Anyone have any suggestions or sympathy? haha


----------



## breanna31 (Dec 31, 2009)

My daughter is doing the same thing!!! She is almost 16 months. She doesn't do it to fall asleep but she does it every time she nurses. I keep my other nipple covered with either my hand or my shirt and that seems to take care of the nipple issue but like you said, any exposed skin and she is all over it. I tell her no and that it hurts and move her hand 50 million times but she keeps doing it. Hopefully it is just a phase for both of them and they get out of it soon. I definately feel your frustration and pain, literally. I will be watching this thread for advice


----------



## MilkyMuse (Feb 8, 2009)

Ouch! I have found it best to absolutely not allow my nurslings to do things to me that I don't like. I have so far had two pretty aggressive nipple twiddlers, which, when they first started doing it wasn't unpleasant, but became annoying as they got older, around 18 months. Then it was hard to get them to stop. My advice is, gently but firmly say "No" and remove them from the breast, saying, "You have to nurse nice; pinching (or whatever) hurts mommy."

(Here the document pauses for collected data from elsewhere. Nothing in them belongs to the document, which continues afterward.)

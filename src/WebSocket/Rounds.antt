-- ===== src/WebSocket/Rounds.antt =====
-- The do loop of WSRecvMessage ends.
use cpp_linux_server.Base.{
  ℕ, zero, suc, ◌+◌, ◌≤◌, ◌<◌, ◌≡◌, refl, ap, ◌∙◌, min, drop, ◌⊎◌, List, [], length, concat, Bool,
  true, false, not, ◌&&◌, ◌==◌, leb, if◌then◌else◌, arith, inl, inr, Option, take, ◌%◌, ◌^◌,
}
use cpp_linux_server.Stream.{Link, transmit, write_rounds, write_fix_size, close}
use cpp_linux_server.WebSocket.{
  Config, head, op_pong, head_bytes, FrameHead, head_of, Message, Round, finished, going, broken,
  overrun, opcode_of, end_frame, cur_len, data_frame, ponged, pong, handle, round, after,
  recv_rounds, recv_message,
}
use cpp_linux_server.WebSocket.Limits.{payload-lt}
use cpp_linux_server.WebSocket.Reads.{pending, with_bytes-any, with_length-any, with_key-any}

write_rounds-incoming :
    (max_len rounds : ℕ) (bytes : List ℕ) (l : Link)
    → (write_rounds max_len rounds bytes l).1.incoming ≡ l.incoming
unfolding write_rounds transmit
write_rounds-incoming max_len zero bytes l = refl
write_rounds-incoming max_len (suc rounds) bytes l =
    let r = transmit (take (min (length bytes) max_len) bytes) l in
    let more = write_rounds max_len rounds (drop r.0 bytes) r.1 in
    by_tests (length bytes == 0) (r.0 == 0) r.1 more refl
      (write_rounds-incoming max_len rounds (drop r.0 bytes) r.1)
  where
    by_tests :
        (a b : Bool) (l' : Link) (more : Bool × Link)
        → l'.incoming ≡ l.incoming
        → more.1.incoming ≡ l'.incoming
        → (if a then (true, l) else if b then (false, l') else more).1.incoming ≡ l.incoming
    by_tests true b l' more h i = refl
    by_tests false true l' more h i = h
    by_tests false false l' more h i = i ∙ h

pong-incoming : (cfg : Config) (l : Link) → (pong cfg l).1.incoming ≡ l.incoming
unfolding pong write_fix_size close
pong-incoming cfg l =
    let r = write_fix_size cfg.max_len (head_bytes (head op_pong true 0 false)) l in
    by_result r.0 r.1 (write_rounds-incoming cfg.max_len _ _ l)
  where
    by_result :
        (b : Bool) (l' : Link)
        → l'.incoming ≡ l.incoming
        → (if b then l' else close l').incoming ≡ l.incoming
    by_result true l' h = h
    by_result false l' h = h

-- A round that goes on leaves fewer than n bytes.
Fewer : ℕ → Round → Type 0
Fewer n (finished m l) = Unit {0}
Fewer n (going opcode content l) = pending l < n
Fewer n (broken l) = Unit {0}
Fewer n (overrun r) = Unit {0}

end_frame-Fewer :
    (n : ℕ) (h : FrameHead) (opcode : ℕ) (content : List ℕ) (l : Link)
    → pending l < n
    → Fewer n (end_frame h opcode content l)
unfolding Fewer
end_frame-Fewer n h opcode content l fewer = by_fin h.fin
  where
    by_fin :
        (b : Bool)
        → Fewer n (
            if b
            then finished (record { opcode = opcode_of opcode h.opcode; content = content }) l
            else going (opcode_of opcode h.opcode) content l)
    by_fin true = tt
    by_fin false = fewer

data_frame-Fewer :
    (n : ℕ) (cfg : Config) (h : FrameHead) (opcode : ℕ) (content : List ℕ) (l : Link)
    → h.payload < 128
    → pending l < n
    → Fewer n (data_frame cfg h opcode content l)
unfolding data_frame Fewer
data_frame-Fewer n cfg h opcode content l field fewer =
    with_length-any (Fewer n) cfg h.payload l _ field (λ _. tt)
      (λ size l₁ _ a. guarded (leb cfg.max_size ((cur_len content + size) % 2 ^ 64)) l₁ _ (
        with_key-any (Fewer n) cfg h.mask l₁ _ (λ _. tt)
          (λ key l₂ b. inside (leb (2 ^ 31) (length content)) (cfg.undefined l₂) _ (
            with_bytes-any (Fewer n) cfg size l₂ _ (λ _. tt)
              (λ bytes l₃ _ c. end_frame-Fewer n h opcode _ l₃ (omega (arith, fewer, a, b, c)))))))
  where
    guarded : (b : Bool) (l' : Link) (r : Round) → Fewer n r → Fewer n (if b then broken l' else r)
    guarded true l' r f = tt
    guarded false l' r f = f

    inside :
        (b : Bool) (u : Option Message × Link) (r : Round)
        → Fewer n r
        → Fewer n (if b then overrun u else r)
    inside true u r f = tt
    inside false u r f = f

handle-Fewer :
    (n : ℕ) (cfg : Config) (client : Bool) (h : FrameHead) (opcode : ℕ) (content : List ℕ)
    (l : Link)
    → h.payload < 128
    → pending l < n
    → Fewer n (handle cfg client h opcode content l)
unfolding handle Fewer
handle-Fewer n cfg client h opcode content l field fewer =
    by_opcode (h.opcode == 9) (h.opcode == 10) (leb h.opcode 2) (not client && not h.mask)
  where
    after_pong : (r : Bool × Link) → r.1.incoming ≡ l.incoming → Fewer n (ponged opcode content r)
    after_pong (true, l') e = omega (arith, ap (λ (ss : List (List ℕ)). length (concat ss)) e)
    after_pong (false, l') e = tt

    by_opcode :
        (a b c d : Bool)
        → Fewer n (
            if a
            then ponged opcode content (pong cfg l)
            else if b
            then going opcode content l
            else if c
            then (if d then broken l else data_frame cfg h opcode content l)
            else going opcode content l)
    by_opcode true b c d = after_pong (pong cfg l) (pong-incoming cfg l)
    by_opcode false true c d = fewer
    by_opcode false false true true = tt
    by_opcode false false true false = data_frame-Fewer n cfg h opcode content l field fewer
    by_opcode false false false d = fewer

round-Fewer :
    (cfg : Config) (client : Bool) (opcode : ℕ) (content : List ℕ) (l : Link)
    → Fewer (pending l) (round cfg client opcode content l)
unfolding round Fewer
round-Fewer cfg client opcode content l =
    with_bytes-any (Fewer (pending l)) cfg 2 l _ (λ _. tt)
      (λ bytes l' f h.
        handle-Fewer (pending l) cfg client (head_of bytes) opcode content l' (payload-lt bytes)
          (shorter bytes l' f h))
  where
    shorter :
        (bytes : List ℕ) (l' : Link)
        → ((2 < 2 ^ 63) × (length bytes ≡ 2)) ⊎ ((2 ^ 63 ≤ 2) × (bytes ≡ []))
        → pending l' + length bytes ≤ pending l
        → pending l' < pending l
    shorter bytes l' (inl (_, e)) h = omega (arith, e, h)
    shorter bytes l' (inr (e, _)) h = absurd (omega (arith, e))

after-same :
    (n : ℕ) (f g : ℕ → List ℕ → Link → Option Message × Link) (r : Round)
    → ((opcode : ℕ) (content : List ℕ) (l : Link)
        → pending l < n
        → f opcode content l ≡ g opcode content l)
    → Fewer n r
    → after f r ≡ after g r
unfolding Fewer
after-same n f g (finished m l) h s = refl
after-same n f g (going opcode content l) h s = h opcode content l s
after-same n f g (broken l) h s = refl
after-same n f g (overrun r) h s = refl

rounds-same :
    (cfg : Config) (client : Bool) (a b opcode : ℕ) (content : List ℕ) (l : Link)
    → pending l < a
    → pending l < b
    → recv_rounds cfg client a opcode content l ≡ recv_rounds cfg client b opcode content l
unfolding recv_rounds
rounds-same cfg client zero b opcode content l h i = absurd (omega arith)
rounds-same cfg client (suc a) zero opcode content l h i = absurd (omega arith)
rounds-same cfg client (suc a) (suc b) opcode content l h i =
    after-same (pending l) (recv_rounds cfg client a) (recv_rounds cfg client b)
      (round cfg client opcode content l)
      (λ op c l' fewer. rounds-same cfg client a b op c l' (omega arith) (omega arith))
      (round-Fewer cfg client opcode content l)

-- The do loop of WSRecvMessage ends, whatever the peer sends: any number of rounds above the number of
-- bytes to come has the same result.
pub recv_message-ends :
    (cfg : Config) (client : Bool) (rounds : ℕ) (l : Link)
    → pending l < rounds
    → recv_rounds cfg client rounds 0 [] l ≡ recv_message cfg client l
unfolding recv_message
recv_message-ends cfg client rounds l enough =
    rounds-same cfg client rounds _ 0 [] l enough (omega arith)
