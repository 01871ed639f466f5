-- ===== src/WebSocket/Runs.antt =====
-- A client and a server at concrete inputs.
use cpp_linux_server.Base.{ℕ, ◌≡◌, refl, sym, List, [], ◌∷◌, length, true, false, none, some, arith}
use cpp_linux_server.Stream.{
  Link, receive, transmit, read_rounds, read_fix_size, write_rounds, write_fix_size,
}
use cpp_linux_server.Stream.Delivery.{IsWilling}
use cpp_linux_server.WebSocket.{
  Config, Message, head_bytes, head_of, mask_from, with_bytes, with_length, with_key, data_frame,
  cur_len, pong, handle, round, recv_rounds, recv_message, send_message,
}
use cpp_linux_server.WebSocket.Frames.{frame}
use cpp_linux_server.WebSocket.Fragments.{Fragment, IsFragment}
use cpp_linux_server.WebSocket.Rounds.{recv_message-ends}
use cpp_linux_server.WebSocket.Limits.{Bounded, recv_message-Bounded}
use cpp_linux_server.WebSocket.Messages.{
  send_message-empty, frames, contents, Delivered, send_fragments, send_fragments-recv_message,
}

abbrev limits : Config
limits = record { max_len = 1024; max_size = 1000; undefined = λ l. (none, l) }

-- A text in two fragments.
abbrev hel : Fragment
hel = record { key = 9 ∷ 200 ∷ 0 ∷ 255 ∷ []; opcode = 1; content = 104 ∷ 101 ∷ 108 ∷ [] }

abbrev lo : Fragment
lo = record { key = 1 ∷ 2 ∷ 3 ∷ 4 ∷ []; opcode = 0; content = 108 ∷ 111 ∷ [] }

abbrev bytes_per_write : List ℕ
bytes_per_write = 1 ∷ 1 ∷ 1 ∷ 1 ∷ 1 ∷ 1 ∷ 1 ∷ 1 ∷ 1 ∷ 1 ∷ 1 ∷ 1 ∷ 1 ∷ 1 ∷ 1 ∷ 1 ∷ 1 ∷ 1 ∷ []

abbrev out : Link
out = record { incoming = []; quota = bytes_per_write; outgoing = []; closed = false }

abbrev wire : List ℕ
wire = 1 ∷ 131 ∷ 9 ∷ 200 ∷ 0 ∷ 255 ∷ 97 ∷ 173 ∷ 108 ∷ 128 ∷ 130 ∷ 1 ∷ 2 ∷ 3 ∷ 4 ∷ 109 ∷ 109 ∷ []

sent_wire : (send_fragments limits true hel (lo ∷ []) out).outgoing ≡ wire
unfolding send_fragments send_message write_fix_size write_rounds transmit head_bytes mask_from
sent_wire = refl

abbrev into : Link
into = record { incoming = wire ∷ []; quota = []; outgoing = []; closed = false }

hel-IsFragment : IsFragment hel
hel-IsFragment = record {
  four = refl;
  key_bytes = (omega arith, (omega arith, (omega arith, (omega arith, tt))));
  data_opcode = omega arith;
  some_data = omega arith;
  data_bytes = (omega arith, (omega arith, (omega arith, tt)));
}

lo-IsFragment : IsFragment lo
lo-IsFragment = record {
  four = refl;
  key_bytes = (omega arith, (omega arith, (omega arith, (omega arith, tt))));
  data_opcode = omega arith;
  some_data = omega arith;
  data_bytes = (omega arith, (omega arith, tt));
}

willing : IsWilling (length (frames true hel (lo ∷ []))) out
unfolding frames frame head_bytes mask_from
willing = (
  (
    omega arith,
    (
      omega arith,
      (
        omega arith,
        (
          omega arith,
          (
            omega arith,
            (
              omega arith,
              (
                omega arith,
                (
                  omega arith,
                  (
                    omega arith,
                    (
                      omega arith,
                      (
                        omega arith,
                        (
                          omega arith,
                          (
                            omega arith,
                            (
                              omega arith,
                              (omega arith, (omega arith, (omega arith, (omega arith, tt)))),
                            ),
                          ),
                        ),
                      ),
                    ),
                  ),
                ),
              ),
            ),
          ),
        ),
      ),
    ),
  ),
  omega arith,
)

send_fragments-recv_message_example :
    Delivered
      (record { opcode = 1; content = contents (hel ∷ lo ∷ []) })
      []
      into
      (recv_message limits false into)
send_fragments-recv_message_example =
    send_fragments-recv_message limits limits true hel (lo ∷ []) out into (omega arith)
      (omega arith) (omega arith) (hel-IsFragment, (lo-IsFragment, tt))
      (λ e. absurd (omega (arith, e))) (omega arith) refl willing (omega arith, tt) (sym sent_wire)

abbrev text : Message
text = record { opcode = 1; content = 104 ∷ 105 ∷ [] }

send_message-empty_example :
    ((send_message limits
        (1 ∷ 2 ∷ 3 ∷ 4 ∷ [])
        (record { opcode = 1; content = [] })
        false
        true
        out).0
      ≡ none)
    × ((send_message limits
          (1 ∷ 2 ∷ 3 ∷ 4 ∷ [])
          (record { opcode = 1; content = [] })
          false
          true
          out).2.closed
        ≡ true)
send_message-empty_example = send_message-empty limits (1 ∷ 2 ∷ 3 ∷ 4 ∷ []) 1 false true out

recv_message-Bounded_example : Bounded 1000 (recv_message limits false into)
recv_message-Bounded_example = recv_message-Bounded limits false into (omega arith) (omega arith)

-- The data of a client's message are masked in place.
masked_in_place :
    (send_message limits (1 ∷ 2 ∷ 3 ∷ 4 ∷ []) text true true out).1.content ≡ 105 ∷ 107 ∷ []
unfolding send_message write_fix_size write_rounds transmit head_bytes mask_from
masked_in_place = refl

-- A PING with the two bytes of data 129 and 1, which are taken for the head of a text.
ping_data :
    (recv_message limits true
      (record into { incoming = (137 ∷ 2 ∷ 129 ∷ 1 ∷ 65 ∷ []) ∷ []; quota = 2 ∷ [] })).0
    ≡ some (record { opcode = 1; content = 65 ∷ [] })
unfolding recv_message recv_rounds round handle pong data_frame cur_len with_bytes with_length
    with_key read_fix_size read_rounds receive write_fix_size write_rounds transmit head_bytes
    head_of
ping_data = refl

recv_message-ends_example : recv_rounds limits false 100 0 [] into ≡ recv_message limits false into
recv_message-ends_example = recv_message-ends limits false 100 into (omega arith)
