-- ===== src/Fs/Ensure.antt =====
-- `fs_write` of kern/fs/fs.c: a position of the file gets a block.
use astral_os.Common.{
  ℕ, suc, ◌-◌, ◌<◌, ◌≡◌, ◌≢◌, ◌⊎◌, inl, inr, refl, sym, ap, subst, ◌∙◌, arith, true, false,
  Bool-cases, none, some, Option-cases, ◌==◌, ==_ne, ==_iff, add32, Bytes, copy-outside, put32,
  little_endian,
}
use astral_os.Fs.Store.{Env, Fs, direct_block, direct_block_offset, inode_block_num}
use astral_os.Fs.Content.{IsReliable, cell, cell-other}
use astral_os.Fs.Data.{Written, ensure_block}
use astral_os.Fs.Bitmap.{test_bit, set_bit, first_clear, take_block, allocate_block}
use astral_os.Fs.Alloc.{set_bit_self, set_bit_ne, first_found}
use astral_os.Fs.Superblock.{get32-put32, get32-put32_ne}
use astral_os.Fs.Open.{IsOpen, rewritten, rewritten-own, rewritten-other, write_inode-rewritten}

-- The other blocks of an inode when one is set.
direct_block-put :
    (inode : Bytes) (i j v : ℕ)
    → i ≢ j
    → direct_block (put32 inode (direct_block_offset i) v) j ≡ direct_block inode j
direct_block-put inode i j v ne =
    get32-put32_ne inode (direct_block_offset i) (direct_block_offset j) v (ground arith)

set_bit-keeps :
    (bitmap : Bytes) (i j : ℕ)
    → test_bit bitmap i ≡ false
    → test_bit bitmap j ≡ true
    → test_bit (set_bit bitmap i) j ≡ true
set_bit-keeps bitmap i j clear used =
    let ne : i ≢ j = λ same. absurd (ground (arith, ap (test_bit bitmap) same)) in
    set_bit_ne bitmap i clear j ne ∙ used

-- What the step keeps: the place of the inode on the device, the rest of the inode, its blocks, and what blocks hold
-- that are neither the table's nor the bitmap's.
pub record Keeps {e : Env} (w w' : Written e) (inode_id : ℕ) : Type 0 where
  pub heap : w'.state.heap ≡ w.state.heap
  pub table : inode_block_num w'.state inode_id ≡ inode_block_num w.state inode_id
  pub total : w'.state.current_superblock.total_blocks ≡ w.state.current_superblock.total_blocks
  pub bitmap :
      w'.state.current_superblock.block_bitmap_block ≡ w.state.current_superblock.block_bitmap_block
  pub header : (i : ℕ) → i < 40 → w'.inode i ≡ w.inode i
  pub blocks :
      (k : ℕ)
      → k < 10
      → direct_block w.inode k ≢ 0
      → direct_block w'.inode k ≡ direct_block w.inode k

module _ {e : Env} (reliable : IsReliable e) (w : Written e) (inode_id i : ℕ)
    (ok : IsOpen w inode_id) (lt : i < 10) where
  -- The block `k + 1` for a position that has none.
  module _ (k : ℕ) (missing : direct_block w.inode i ≡ 0)
      (found : first_clear w.state.block_bitmap 0 w.state.current_superblock.total_blocks
        ≡ some k) where
    abbrev pub inode' : Bytes
    inode' = put32 w.inode (direct_block_offset i) (add32 k 1)

    abbrev pub marked : Fs e
    marked = (take_block w.state k).1

    abbrev taken : Written e
    taken = record { state = rewritten marked inode_id inode'; inode = inode' }

    lt_total : k < w.state.current_superblock.total_blocks
    lt_total =
        (first_found w.state.block_bitmap w.state.current_superblock.total_blocks (some k) found).1

    clear : test_bit w.state.block_bitmap k ≡ false
    clear =
        (first_found w.state.block_bitmap w.state.current_superblock.total_blocks (some k) found).2

    pub num : add32 k 1 ≡ suc k
    num = omega (arith, lt_total, ok.total)

    pub allocate_block-taken : allocate_block w.state ≡ (add32 k 1, marked)
    unfolding allocate_block
    allocate_block-taken = rw (found, allocate_block) refl

    ensure_block-taken : ensure_block w inode_id i ≡ (add32 k 1, taken)
    ensure_block-taken =
        let some_block : (suc k == 0) ≡ false = ==_ne (suc k) 0 (λ e. absurd (omega arith)) in
        rw (missing, allocate_block-taken, num, some_block)
          (ap
            (λ t.
              (suc k, record { state = t; inode = put32 w.inode (direct_block_offset i) (suc k) }))
            (write_inode-rewritten reliable marked inode_id ok.valid
              (put32 w.inode (direct_block_offset i) (suc k))))

    pub marked-cell :
        (block j : ℕ)
        → w.state.current_superblock.block_bitmap_block ≢ block
        → cell marked block j ≡ cell w.state block j
    marked-cell block j ne =
        cell-other reliable (record w.state { block_bitmap = set_bit w.state.block_bitmap k })
          w.state.current_superblock.block_bitmap_block (set_bit w.state.block_bitmap k) block ne j

    taken-cell :
        (block j : ℕ)
        → w.state.current_superblock.block_bitmap_block ≢ block
        → inode_block_num w.state inode_id ≢ block
        → cell taken.state block j ≡ cell w.state block j
    taken-cell block j not_bitmap not_table =
        rewritten-other reliable marked inode_id ok.valid inode' block j not_table
        ∙ marked-cell block j not_bitmap

    kept :
        (j : ℕ)
        → test_bit w.state.block_bitmap j ≡ true
        → test_bit (set_bit w.state.block_bitmap k) j ≡ true
    kept j used = set_bit-keeps w.state.block_bitmap k j clear used

    pub own : direct_block inode' i ≡ suc k
    own = get32-put32 w.inode (direct_block_offset i) (add32 k 1) (omega arith) ∙ num

    -- No block in use has the new number.
    pub new :
        (block : ℕ) → block ≢ 0 → test_bit w.state.block_bitmap (block - 1) ≡ true → suc k ≢ block
    new block real used same =
        absurd (ground (arith, clear, ap (λ x. test_bit w.state.block_bitmap (x - 1)) same, used))

    -- A statement on each block of the inode afterwards.
    pub each :
        (P : ℕ → ℕ → Type 0)
        → P i (suc k)
        → ((j : ℕ) → i ≢ j → j < 10 → P j (direct_block w.inode j))
        → (j : ℕ) → j < 10
        → P j (direct_block inode' j)
    each P here others j lt' = elim (Bool-cases (i == j)) [
      | inl same ↦
          let e : i ≡ j = (==_iff i j).0 same in
          subst (λ x. P x (direct_block inode' x)) e (subst (P i) (sym own) here)
      | inr differs ↦
          let ne : i ≢ j = λ e. absurd (ground arith) in
          subst (P j) (sym (direct_block-put w.inode i j (add32 k 1) ne)) (others j ne lt')
    ]

    taken-Keeps : Keeps w taken inode_id
    taken-Keeps = record {
      heap = refl;
      table = refl;
      total = refl;
      bitmap = refl;
      header = λ j h.
          copy-outside w.inode (direct_block_offset i) (little_endian (add32 k 1)) 0 4 j
            (inl (omega arith));
      blocks = λ j h real.
          direct_block-put w.inode i j (add32 k 1)
            (λ same. real (ap (direct_block w.inode) (sym same) ∙ missing));
    }

    taken-IsOpen : IsOpen taken inode_id
    taken-IsOpen = record {
      valid = ok.valid;
      total = ok.total;
      table = ok.table;
      table_used = kept (inode_block_num w.state inode_id - 1) ok.table_used;
      bitmap = ok.bitmap;
      bitmap_used = kept (w.state.current_superblock.block_bitmap_block - 1) ok.bitmap_used;
      apart = ok.apart;
      used =
          each (λ j b. b ≢ 0 → test_bit (set_bit w.state.block_bitmap k) (b - 1) ≡ true)
            (λ _.
              ap (test_bit (set_bit w.state.block_bitmap k)) (omega arith)
              ∙ set_bit_self w.state.block_bitmap k clear)
            (λ j ne h real. kept (direct_block w.inode j - 1) (ok.used j h real));
      not_table =
          each (λ j b. b ≢ inode_block_num w.state inode_id)
            (new (inode_block_num w.state inode_id) ok.table ok.table_used)
            (λ j ne h. ok.not_table j h);
      not_bitmap =
          each (λ j b. b ≢ w.state.current_superblock.block_bitmap_block)
            (new w.state.current_superblock.block_bitmap_block ok.bitmap ok.bitmap_used)
            (λ j ne h. ok.not_bitmap j h);
      distinct = λ j j' h h' ne.
          each (λ x b. x ≢ j' → b ≢ 0 → b ≢ direct_block inode' j')
            (λ ne' real.
              each (λ y b. i ≢ y → suc k ≢ b) (λ z. absurd (z refl))
                (λ y ny hy z. elim (Bool-cases (direct_block w.inode y == 0)) [
                  | inl none_there ↦ λ same. absurd (ground arith)
                  | inr some_there ↦
                      let real' : direct_block w.inode y ≢ 0 = λ q. absurd (ground arith) in
                      new (direct_block w.inode y) real' (ok.used y hy real')
                ])
                j' h' ne')
            (λ x nx hx nx' real.
              each (λ y b. x ≢ y → direct_block w.inode x ≢ b)
                (λ _ same. new (direct_block w.inode x) real (ok.used x hx real) (sym same))
                (λ y ny hy z. ok.distinct x y hx hy z real) j' h' nx')
            j h ne;
      stored = rewritten-own reliable marked inode_id ok.valid inode';
    }

  -- The state keeps the blocks that are neither the table's nor the bitmap's.
  abbrev pub Frames : Written e → Type 0
  Frames w' =
      (block j : ℕ)
      → w.state.current_superblock.block_bitmap_block ≢ block
      → inode_block_num w.state inode_id ≢ block
      → cell w'.state block j ≡ cell w.state block j

  -- Either every block is in use, or the position has a block afterwards.
  pub ensure_block-IsOpen :
      ((direct_block w.inode i ≡ 0)
        × (first_clear w.state.block_bitmap 0 w.state.current_superblock.total_blocks ≡ none)
        × (ensure_block w inode_id i ≡ (0, w)))
      ⊎ ((w' : Written e) × (ensure_block w inode_id i ≡ (direct_block w'.inode i, w'))
          × IsOpen w' inode_id
          × Keeps w w' inode_id
          × (direct_block w'.inode i ≢ 0)
          × Frames w')
  unfolding allocate_block
  ensure_block-IsOpen = elim (Bool-cases (direct_block w.inode i == 0)) [
    | inr there ↦ inr (
      w,
      rw there refl,
      ok,
      record {
        heap = refl;
        table = refl;
        total = refl;
        bitmap = refl;
        header = λ j h. refl;
        blocks = λ j h real. refl;
      },
      (λ z. absurd (ground arith)),
      (λ block j a b. refl),
    )
    | inl missing ↦
        let e0 : direct_block w.inode i ≡ 0 = (==_iff (direct_block w.inode i) 0).0 missing in
        elim (Option-cases
          (first_clear w.state.block_bitmap 0 w.state.current_superblock.total_blocks)) [
            | inl full ↦ inl (
              e0,
              full,
              (let left : allocate_block w.state ≡ (0, w.state) = rw (full, allocate_block) refl in
                  rw (missing, left) refl),
            )
            | inr (k, found) ↦ inr (
              taken k e0 found,
              ensure_block-taken k e0 found
                  ∙ ap (λ b. (b, taken k e0 found)) (num k e0 found ∙ sym (own k e0 found)),
              taken-IsOpen k e0 found,
              taken-Keeps k e0 found,
              (λ z. absurd (ground (arith, own k e0 found))),
              taken-cell k e0 found,
            )
          ]
  ]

Right now I am dealing with my 2yo's near-constant desire to touch the breast he's nursing from. He leaves my other nipple alone, but the breast-in-use is sensitive too because I'm pregnant, and even just his hand on the side is painful. It's usually enough to break his suction and say, "Ouch." I have occasionally had to disconnect him entirely and put my shirt down. When he's serious about wanting to nurse, he's able to keep his hands down and nurse nice. 

When my oldest did this, I tried giving him a stuffed animal to hold while nursing; he threw it at me! My current toddler has been pretty willing to cuddle a lovey though.

Good luck Mamas. Don't forget that nursing is a relationship and you don't have to tolerate anything you don't like!


----------



## Maluhia (Jun 24, 2007)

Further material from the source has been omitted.